-- ===== src/Tests/Assignment.antt =====
-- The seat that goes with a key at a concrete input.
use mathlib.Core.Path.{subst}
use cursor_pulse.Base.{ℕ, ◌≤◌, ◌≡◌, refl, true, false, List, [], ◌∷◌, none, some, arith, All, max}
use cursor_pulse.Base.Text.{codes}
use cursor_pulse.Loans.{Credential, Ledger, get_credential}
use cursor_pulse.Keys.{ProxyKey, quota, active}
use cursor_pulse.Keys.Answer.{Answer, authorize_proxy_key_row}
use cursor_pulse.Seats.Book.{Book, Seat, on_account}
use cursor_pulse.Seating.{Selection, Slot, is_pinned, apply_seat}
use cursor_pulse.Seating.Owner.{
  Holder, member_holder, loan_holder, key_holder, anonymous, member_of_answer,
}
use cursor_pulse.Seating.Agreement.{IsFiled}
use cursor_pulse.Seating.Limit.{apply_seat_capacity}

abbrev credential : ℕ → ℕ → Credential
credential id account = record {
  id = id;
  account_id = account;
  remote_key_id = 0;
  key_hash = none;
  is_loan_key = false;
  is_active = true;
  sync_enabled = true;
  has_value = true;
}

abbrev ledger : Ledger
ledger = record { loans = []; credentials = credential 10 100 ∷ credential 11 101 ∷ [] }

abbrev key : ProxyKey
key = record {
  id = 1;
  key_hash = 4;
  member_id = 7;
  mode = quota;
  coding_plan_vendor = none;
  window_5h_cost_limit_cents = none;
  window_7d_cost_limit_cents = none;
  status = active;
  suspended_reason = none;
  expires_at = none;
  ide_key_hash = none;
}

abbrev taken : Seat
taken = record {
  holder_id = 8;
  account_id = 100;
  credential_id = 10;
  seen_at = 40;
  inflight = (77, 1) ∷ [];
  hold_until = 0;
  hold_seconds = 0;
}

abbrev busy : Book
busy = record { seats = ((8, 100), taken) ∷ []; boots = []; cp_restored = true }

abbrev slot : Slot
slot = record {
  current_credential_id = 0;
  release_current = false;
  quota_pool = codes "api";
  held_credential_ids = [];
}

abbrev one_each : ℕ → Selection
one_each member_id = record { max_concurrent_users = 1; concurrent_ttl_seconds = 100 }

abbrev order : List (ℕ × ℕ)
order = (10, 100) ∷ (11, 101) ∷ []

abbrev by_member : Holder → ℕ
by_member (member_holder id) = id
by_member (loan_holder id) = id
by_member (key_holder id) = id
by_member anonymous = 0

abbrev answer : Answer
answer = authorize_proxy_key_row key 50

order-IsFiled : (o : List (ℕ × ℕ)) → some order ≡ some o → All (IsFiled ledger.credentials) o
unfolding get_credential
order-IsFiled o e =
    let same : order ≡ o = cc in subst (All (IsFiled ledger.credentials)) same (refl, (refl, tt))

apply_seat_capacity_example :
    on_account 100
      (apply_seat one_each
        (λ m p. some order)
        (λ a. none)
        by_member
        (key ∷ [])
        ledger
        busy
        answer
        slot
        50).1.seats
    ≤ max (on_account 100 busy.seats) 1
unfolding is_pinned authorize_proxy_key_row member_of_answer
apply_seat_capacity_example =
    apply_seat_capacity one_each (λ m p. some order) (λ a. none) by_member (key ∷ []) ledger
      ((omega arith, tt), (tt, tt)) (λ m p o e. order-IsFiled o e) busy answer slot 50 100 refl refl
      (omega arith)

※ ※ ※

Problem to work on: Could you tally how many lines of the material above include the word "omega" and reply with only that count?

Problem solution: 2